Data for review below:
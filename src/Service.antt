-- ===== src/Service.antt =====
-- dynamic_modbus_poller.py, the threads of the service: the loop of `main`, `run_batch_flush_loop`,
-- `run_buffer_cleanup_loop`, `run_history_cleanup_loop`, and `evaluator_worker` of
-- edge_alarm_evaluator.py. A turn of a loop is one step, and a turn of the upload as many as it has
-- transactions; a run is any interleaving of the steps. Clocks are arguments; an exception of a turn is
-- logged and the loop goes on.
pub mod Kept
use bbjsensescada.Common.{ℕ, Bool, List, [], ◌∷◌, String, Option, none, some, if◌then◌else◌}
use bbjsensescada.Common.Int.{ℤ, pos}
use bbjsensescada.Python.{Error, Result, ok, err}
use bbjsensescada.Python.Float.{Float, Arithmetic, le_float}
use bbjsensescada.Python.Value.{Value}
use bbjsensescada.Queue.{Json, Table, delete_sent_messages}
use bbjsensescada.Historian.{prune_old_history}
use bbjsensescada.Alarms.{Setting, evaluate_all_rules}
use bbjsensescada.Upload.{Cloud}
use bbjsensescada.Upload.Steps.{Round, resting, collecting, marking, unsending, At, round_step}
use bbjsensescada.Modbus.{Settings}
use bbjsensescada.Poller.{Driver, Poller, Stores}
use bbjsensescada.Poller.Pass.{Moment, poll_pass}
use bbjsensescada.DeviceStatus.{write_device_status}

-- What the threads share, with the variables of their loops.
pub record Service : Type 0 where
  pub poller : Poller
  pub status_file : Option String
  pub last_device_status_write : Float
  pub last_batch_flush : Float
  pub round : Round

-- 5.0, the interval of both loops
abbrev pub five : Float
five = record { bits = 0x4014000000000000 }

-- `now - last >= 5`
unfoldable pub interval_over : Arithmetic → Float → Float → Bool
unfolding le_float
interval_over A now last = le_float five (A.sub now last)

abbrev pub with_queue : Table → Service → Service
with_queue t s = record s {
  poller = record s.poller { stores = record s.poller.stores { queue = t } };
}

-- A step of the round that is under way.
abbrev pub worked : At → Service → Service
worked (t, round) s = record (with_queue t s) { round = round }

abbrev pub flush_from : Cloud → Float → Round → Service → Service
flush_from C now resting s =
    if interval_over C.arithmetic now s.last_batch_flush
    then record (worked (round_step C (s.poller.stores.queue, resting)) s) {
      last_batch_flush = now;
    }
    else s
flush_from C now round s = worked (round_step C (s.poller.stores.queue, round)) s

-- `run_batch_flush_loop`: a round begins when it is due, and goes on one step at a time.
unfoldable pub flush_turn : Cloud → Float → Service → Service
unfolding interval_over round_step
flush_turn C now s = flush_from C now s.round s

-- What the disk does to the status file, and when the pass began.
pub record PassTime : Type 0 where
  pub json : Json
  pub disk : Option Error
  pub now : Float

abbrev pub written : Settings → PassTime → Service → Service
written S T s = record s {
  status_file = (write_device_status T.json S.repr T.disk s.poller.device_status s.status_file).0;
  last_device_status_write = T.now;
}

-- The file is written after a pass that has not been cut short.
abbrev pub after_pass : Settings → PassTime → Service → Result (Unit {0}) → Service
after_pass S T s (err e) = s
after_pass S T s (ok u) =
    if interval_over S.arithmetic T.now s.last_device_status_write then written S T s else s

-- One turn of `while True` in `main`.
unfoldable pub poll_turn : Settings → Driver → (ℕ → Moment) → PassTime → Value → Service → Service
unfolding interval_over poll_pass write_device_status
poll_turn S D at T configuration s =
    let (p, result) = poll_pass S D at configuration s.poller in
    after_pass S T (record s { poller = p }) result

abbrev pub buffer_cleanup_keep_latest : ℤ
buffer_cleanup_keep_latest = pos 1000

unfoldable pub buffer_cleanup_turn : Service → Service
unfolding delete_sent_messages
buffer_cleanup_turn s =
    with_queue (delete_sent_messages buffer_cleanup_keep_latest s.poller.stores.queue).1 s

unfoldable pub history_cleanup_turn : String → Service → Service
unfolding prune_old_history
history_cleanup_turn cutoff s = record s {
  poller = record s.poller {
    stores = record s.poller.stores {
      history = (prune_old_history cutoff s.poller.stores.history).1;
    };
  };
}

unfoldable pub evaluator_turn : Setting → ℕ → Service → Service
unfolding evaluate_all_rules
evaluator_turn setting now s = record s {
  poller = record s.poller {
    stores = record s.poller.stores {
      evaluator = (evaluate_all_rules setting now s.poller.stores.evaluator).0;
    };
  };
}

pub data Turn : Type 0 where
  poll : Settings → Driver → (ℕ → Moment) → PassTime → Value → Turn
  flush : Cloud → Float → Turn
  clean_buffer : Turn
  clean_history : String → Turn
  evaluate : Setting → ℕ → Turn

unfoldable pub thread_turn : Turn → Service → Service
unfolding flush_turn poll_turn buffer_cleanup_turn history_cleanup_turn evaluator_turn
thread_turn (poll S D at T configuration) s = poll_turn S D at T configuration s
thread_turn (flush C now) s = flush_turn C now s
thread_turn clean_buffer s = buffer_cleanup_turn s
thread_turn (clean_history cutoff) s = history_cleanup_turn cutoff s
thread_turn (evaluate setting now) s = evaluator_turn setting now s

abbrev pub thread_turns : List Turn → Service → Service
thread_turns [] s = s
thread_turns (turn ∷ turns) s = thread_turns turns (thread_turn turn s)
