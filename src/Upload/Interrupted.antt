-- ===== src/Upload/Interrupted.antt =====
-- A step of an upload round and the messages that wait.
use bbjsensescada.Common.{
  ◌≡◌, refl, Bool, true, false, not, ◌||◌, List, [], ◌∷◌, String, contains, string_eq, ◌==◌, ==_iff,
  arith, Bool-cases, inl, inr, if◌then◌else◌,
}
use bbjsensescada.Queue.{Table, Message, mark_message_failed, mark_message_sent}
use bbjsensescada.Queue.Invariant.{mark_sent, mark_failed, perform}
use bbjsensescada.Queue.Abstract.{waiting, waiting-perform, without}
use bbjsensescada.Upload.Defs.{
  Cloud, Class, valid, invalid, raises, classify, Batch, is_rejected, mark_one,
}
use bbjsensescada.Upload.Steps.{
  Round, resting, collecting, marking, unsending, on_class, round_step,
}

-- The message that a step marks sent: the next of the batch that the cloud has answered, if the answer
-- does not reject its device and tag.
abbrev pub sent_in : Round → List String
sent_in (marking pairs ((m, i) ∷ vs)) = if is_rejected pairs i then [] else m ∷ []
sent_in _ = []

or_right : (a b : Bool) → b ≡ true → (a || b) ≡ true
or_right a b h = ground arith

left_false : (a b : Bool) → (a || b) ≡ false → a ≡ false
left_false a b h = ground arith

pub contains-rest :
    (b : Bool) (k : String) (q : List String) (m : String)
    → contains q m ≡ true
    → contains (if b then k ∷ q else q) m ≡ true
contains-rest true k q m h = or_right (m == k) (contains q m) h
contains-rest false k q m h = h

contains-without :
    (gone : String) (q : List String) (m : String)
    → (m == gone) ≡ false
    → contains q m ≡ true
    → contains (without gone q) m ≡ true
contains-without gone [] m free here = here
contains-without gone (k ∷ q) m free here = elim (Bool-cases (m == k)) [
  | inl same ↦
      let e = (==_iff m k).0 same in
      let kept : (k == gone) ≡ false = rw e at free in rw (kept, same) refl
  | inr other ↦
      contains-rest (not (k == gone)) k (without gone q) m
        (contains-without gone q m free (rw other at here))
]

failed-keeps :
    (now k e : String) (t : Table) (m : String)
    → contains (waiting t) m ≡ true
    → contains (waiting (mark_message_failed now k e t)) m ≡ true
unfolding perform
failed-keeps now k e t m h = rw (waiting-perform (mark_failed now k e) t) h

sent-keeps :
    (now k : String) (t : Table) (m : String)
    → contains (k ∷ []) m ≡ false
    → contains (waiting t) m ≡ true
    → contains (waiting (mark_message_sent now k t)) m ≡ true
unfolding perform
sent-keeps now k t m free h =
    rw (waiting-perform (mark_sent now k) t)
      (contains-without k (waiting t) m (left_false (m == k) false free) h)

mark_one-keeps :
    (C : Cloud) (k : String) (rejected : Bool) (t : Table) (m : String)
    → contains (if rejected then [] else k ∷ []) m ≡ false
    → contains (waiting t) m ≡ true
    → contains (waiting (mark_one C k rejected t)) m ≡ true
mark_one-keeps C k true t m free h = failed-keeps (C.clock k) k _ t m h
mark_one-keeps C k false t m free h = sent-keeps (C.clock k) k t m free h

class-keeps :
    (C : Cloud) (k : String) (ms : List Message) (vs : Batch) (t : Table) (c : Class) (m : String)
    → contains (waiting t) m ≡ true
    → contains (waiting (on_class C k ms vs t c).0) m ≡ true
class-keeps C k ms vs t (valid i) m h = h
class-keeps C k ms vs t (invalid e) m h = failed-keeps (C.clock k) k e t m h
class-keeps C k ms vs t (raises e) m h = h

-- A message that waits still waits after a step that does not mark it sent.
pub round_step-keeps :
    (C : Cloud) (t : Table) (r : Round) (m : String)
    → contains (sent_in r) m ≡ false
    → contains (waiting t) m ≡ true
    → contains (waiting (round_step C (t, r)).0) m ≡ true
unfolding round_step
round_step-keeps C t resting m free h = h
round_step-keeps C t (collecting (k ∷ ms) vs) m free h =
    class-keeps C k.row.message_id ms vs t (classify C.arithmetic C.repr k.payload) m h
round_step-keeps C t (collecting [] []) m free h = h
round_step-keeps C t (collecting [] (v ∷ vs)) m free h = h
round_step-keeps C t (marking pairs []) m free h = h
round_step-keeps C t (marking pairs ((k, i) ∷ vs)) m free h =
    mark_one-keeps C k (is_rejected pairs i) t m free h
round_step-keeps C t (unsending e []) m free h = h
round_step-keeps C t (unsending e ((k, i) ∷ vs)) m free h = failed-keeps (C.clock k) k e t m h
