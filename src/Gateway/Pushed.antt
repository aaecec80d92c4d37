-- ===== src/Gateway/Pushed.antt =====
-- What a push to all reaches.
use puzzle_bubble.Prelude.{
  ℕ, ◌+◌, ◌≡◌, refl, ◌∙◌, inl, inr, arith, Bool, true, false, not, ◌&&◌, ◌||◌, Bool-cases,
  if◌then◌else◌, none, List, [], ◌∷◌, String, str_eq, lookup, lookup-erase,
}
use puzzle_bubble.Gateway.{Gateway}
use puzzle_bubble.Gateway.Pushes.{
  Sockets, Tally, count, drop_socket, push_tcp, push_ws, push_to_all,
}

-- How many of the entries pass the test.
unfoldable pub passing : (ℕ → Bool) → List (String × ℕ) → ℕ
passing test [] = 0
passing test ((_, id) ∷ entries) = (if test id then 1 else 0) + passing test entries

-- The player has an entry that fails the test.
unfoldable pub fails : (ℕ → Bool) → String → List (String × ℕ) → Bool
fails test p [] = false
fails test p ((q, id) ∷ entries) = (str_eq q p && not (test id)) || fails test p entries

-- Some entry fails the test.
unfoldable pub some_fails : (ℕ → Bool) → List (String × ℕ) → Bool
some_fails test [] = false
some_fails test ((q, id) ∷ entries) = not (test id) || some_fails test entries

module _ (tcp_ok ws_ok : ℕ → Bool) where
  push_tcp-tally :
      (entries : List (String × ℕ)) (n : ℕ) (failed : Bool)
      → push_tcp tcp_ok ws_ok entries (n, failed)
        ≡ (n + passing tcp_ok entries, some_fails tcp_ok entries || failed)
  unfolding push_tcp passing some_fails
  push_tcp-tally [] n failed = ground arith
  push_tcp-tally ((q, id) ∷ entries) n failed = elim (Bool-cases (tcp_ok id)) [
    | inl sent ↦
        rw (push_tcp, passing, some_fails, sent, push_tcp-tally entries (n + 1) failed)
          (ground arith)
    | inr lost ↦
        rw (push_tcp, passing, some_fails, lost, push_tcp-tally entries n true) (ground arith)
  ]

  push_ws-tally :
      (targets : List (String × ℕ)) (w : Sockets) (n : ℕ) (failed : Bool)
      → (push_ws tcp_ok ws_ok targets w (n, failed)).1
        ≡ (n + passing ws_ok targets, some_fails ws_ok targets || failed)
  unfolding push_ws passing some_fails
  push_ws-tally [] w n failed = ground arith
  push_ws-tally ((q, id) ∷ targets) w n failed = elim (Bool-cases (ws_ok id)) [
    | inl sent ↦
        rw (push_ws, passing, some_fails, sent, push_ws-tally targets w (n + 1) failed)
          (ground arith)
    | inr lost ↦
        rw (push_ws, passing, some_fails, lost, push_ws-tally targets (drop_socket w q) n true)
          (ground arith)
  ]

  push_ws-lookup :
      (targets : List (String × ℕ)) (w : Sockets) (t : Tally) (p : String)
      → let w' = (push_ws tcp_ok ws_ok targets w t).0 in
        (lookup p w'.ws_by_player
          ≡ (if fails ws_ok p targets then none else lookup p w.ws_by_player))
        × (lookup p w'.ws_token ≡ (if fails ws_ok p targets then none else lookup p w.ws_token))
  unfolding push_ws fails
  push_ws-lookup [] w t p = (refl, refl)
  push_ws-lookup ((q, id) ∷ targets) w t p = elim (Bool-cases (ws_ok id)) [
    | inl sent ↦
        let rest = push_ws-lookup targets w (count true t) p in
        rw (push_ws, fails, sent) (ground (arith, rest.0), ground (arith, rest.1))
    | inr lost ↦
        let rest = push_ws-lookup targets (drop_socket w q) (count false t) p in
        rw (push_ws, fails, lost)
          (
            ground (arith, rest.0, lookup-erase q p w.ws_by_player),
            ground (arith, rest.1, lookup-erase q p w.ws_token),
          )
  ]

  -- A push to all counts the sessions of the index and the web sockets that took it, and reports an
  -- error exactly if one of them did not. A player loses its web socket and its token if and only if
  -- the write to its web socket fails; a connection that fails does not stop the push to the others.
  pub push_to_all_lem :
      (g : Gateway) (w : Sockets)
      → let out = push_to_all tcp_ok ws_ok g w in
        (out.1 ≡ (
          passing tcp_ok g.player_index + passing ws_ok w.ws_by_player,
          some_fails ws_ok w.ws_by_player || some_fails tcp_ok g.player_index,
        ))
        × ((p : String)
            → (lookup p out.0.ws_by_player
                ≡ (if fails ws_ok p w.ws_by_player then none else lookup p w.ws_by_player))
              × (lookup p out.0.ws_token
                  ≡ (if fails ws_ok p w.ws_by_player then none else lookup p w.ws_token)))
  unfolding push_to_all
  push_to_all_lem g w =
      let sent = 0 + passing tcp_ok g.player_index in
      let failed = some_fails tcp_ok g.player_index || false in
      let over_tcp = push_tcp-tally g.player_index 0 false in
      rw (push_to_all, over_tcp)
        (
          push_ws-tally w.ws_by_player w sent failed ∙ ground arith,
          λ p. push_ws-lookup w.ws_by_player w (sent, failed) p,
        )
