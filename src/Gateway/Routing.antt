-- ===== src/Gateway/Routing.antt =====
-- Which messages go on to a service.
use puzzle_bubble.Prelude.{
  ℕ, ◌≡◌, inl, inr, arith, ◌==◌, true, false, Bool-cases, Option-cases, some, ◌∈◌,
}
use puzzle_bubble.Gateway.{
  Session, Gateway, World, Envelope, Sent, routed, service_auth, handle_game_message,
}

-- The reply of a service to a game message goes back only on a session that is logged in; the
-- service was asked in the name of the session's player, with the message of the packet, and that
-- was not for the authentication service.
pub handle_game_message-routed :
    (Body : Type 0) (g : Gateway) (id : ℕ) (s : Session) (seq : ℕ) (w : World Body)
    (out : Sent Body) (body : Body)
    → out ∈ (handle_game_message g id s seq w).1
    → out.reply ≡ routed body
    → (s.authenticated ≡ true)
      × (req : Envelope Body) × (w.message ≡ some req)
      × (w.serve s.player_id req ≡ some body)
      × ((req.service_id == service_auth) ≡ false)
      × (out.to ≡ id)
      × (out.seq ≡ seq)
unfolding handle_game_message
handle_game_message-routed Body g id s seq w out body m e = elim (Bool-cases s.authenticated) [
  | inr outside ↦ absurd (ground (arith, m, e))
  | inl inside ↦ elim (Option-cases w.message) [
    | inl none_read ↦ absurd (ground (arith, m, e))
    | inr (req, is) ↦ elim (Option-cases (w.serve s.player_id req)) [
      | inl failed ↦ absurd (ground (arith, m, e))
      | inr (answer, got) ↦ (
        inside,
        req,
        is,
        ground (arith, m, e),
        ground (arith, m, e),
        ground (arith, m, e),
        ground (arith, m, e),
      )
    ]
  ]
]
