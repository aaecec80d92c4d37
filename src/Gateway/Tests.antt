-- ===== src/Gateway/Tests.antt =====
-- A player who logs in on two connections.
use puzzle_bubble.Prelude.{
  ℕ, Bool, String, none, ◌+◌, ◌||◌, if◌then◌else◌, ◌≡◌, refl, ◌==◌, inl, true, false, some, [], ◌∷◌,
  lookup, insert,
}
use puzzle_bubble.Gateway.{
  Gateway, Session, World, Envelope, routed, game_message, service_auth, handle_game_message,
  auth_req, connect, receive, disconnect, kick_old, store_index,
}
use puzzle_bubble.Gateway.Pushes.{Sockets, push_to_all, push_tcp, push_ws}
use puzzle_bubble.Gateway.Pushed.{passing, fails, some_fails, push_to_all_lem}
use puzzle_bubble.Gateway.Routing.{handle_game_message-routed}

-- The token "t" is ann's; the message goes to service 5, which answers 7.
abbrev world : World ℕ
world = record {
  token = some "t";
  message = some (record { service_id = 5; msg_id = 1001; body = 3 });
  verify = λ t. some (record { player_id = "ann"; ok = true; reason = "" });
  refresh = λ t. some (true, "");
  serve = λ p e. some 7;
  nanos = 12;
}

abbrev new_gateway : Gateway
new_gateway = record { seq = 0; sessions = λ id. none; player_index = []; closed = [] }

abbrev ann : Session
ann = record { player_id = "ann"; token = "t"; authenticated = true }

abbrev connected : Gateway
connected = (connect (connect new_gateway).0).0

abbrev both_in : Gateway
both_in = (receive (receive connected 1 auth_req 1 world).0 2 auth_req 1 world).0

-- Of two logins one after the other, the second closes the connection of the first.
first_closed : both_in.closed ≡ 1 ∷ []
unfolding receive connect kick_old store_index lookup insert
first_closed = refl

-- The later session stays the player's when the earlier one ends.
still_indexed : lookup "ann" (disconnect both_in 1).player_index ≡ some 2
unfolding receive connect disconnect kick_old store_index lookup insert
still_indexed = refl

-- Two logins at the same time: both look for an earlier session before either is stored.
abbrev raced : Gateway
raced =
    let g = (kick_old {Body = ℕ} (kick_old {Body = ℕ} connected 1 "ann" 0).0 2 "ann" 0).0 in
    store_index (store_index g 1 "ann") 2 "ann"

-- Then neither connection is closed.
none_closed : raced.closed ≡ []
unfolding connect kick_old store_index lookup insert
none_closed = refl

handle_game_message-routed_example :
    (ann.authenticated ≡ true)
    × (req : Envelope ℕ) × (world.message ≡ some req)
    × (world.serve ann.player_id req ≡ some 7)
    × ((req.service_id == service_auth) ≡ false)
    × (◌≡◌ {A = ℕ} 1 1)
    × (◌≡◌ {A = ℕ} 9 9)
unfolding handle_game_message
handle_game_message-routed_example =
    handle_game_message-routed ℕ new_gateway 1 ann 9 world
      (record { to = 1; cmd = game_message; seq = 9; reply = routed 7 }) 7 (inl refl) refl

-- "ann" has a session and a socket that is broken, "bob" a socket.
abbrev sockets : Sockets
sockets = record {
  ws_by_player = ("ann", 8) ∷ ("bob", 9) ∷ [];
  ws_token = ("ann", "t") ∷ ("bob", "u") ∷ [];
}

abbrev one_session : Gateway
one_session = record { seq = 1; sessions = λ n. none; player_index = ("ann", 1) ∷ []; closed = [] }

abbrev not_eight : ℕ → Bool
not_eight n = if n == 8 then false else true

two_of_three : (push_to_all (λ n. true) not_eight one_session sockets).1 ≡ (2, true)
unfolding push_to_all push_tcp push_ws
two_of_three = refl

push_to_all_lem_example :
    let out = push_to_all (λ n. true) not_eight one_session sockets in
    (out.1 ≡ (
      passing (λ n. true) one_session.player_index + passing not_eight sockets.ws_by_player,
      some_fails not_eight sockets.ws_by_player || some_fails (λ n. true) one_session.player_index,
    ))
    × ((p : String)
        → (lookup p out.0.ws_by_player ≡ (
            if fails not_eight p sockets.ws_by_player then none else lookup p sockets.ws_by_player))
          × (lookup p out.0.ws_token ≡ (
              if fails not_eight p sockets.ws_by_player then none else lookup p sockets.ws_token)))
push_to_all_lem_example = push_to_all_lem (λ n. true) not_eight one_session sockets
End of Data for review.
Look above for the line holding "abbrev connected : Gateway". Print it and every line after it, exactly, through the line holding "still_indexed : lookup".

*Expected answer:*
abbrev connected : Gateway
connected = (connect (connect new_gateway).0).0

abbrev both_in : Gateway
both_in = (receive (receive connected 1 auth_req 1 world).0 2 auth_req 1 world).0

-- Of two logins one after the other, the second closes the connection of the first.
first_closed : both_in.closed ≡ 1 ∷ []
unfolding receive connect kick_old store_index lookup insert
first_closed = refl

-- The later session stays the player's when the earlier one ends.
still_indexed : lookup "ann" (disconnect both_in 1).player_index ≡ some 2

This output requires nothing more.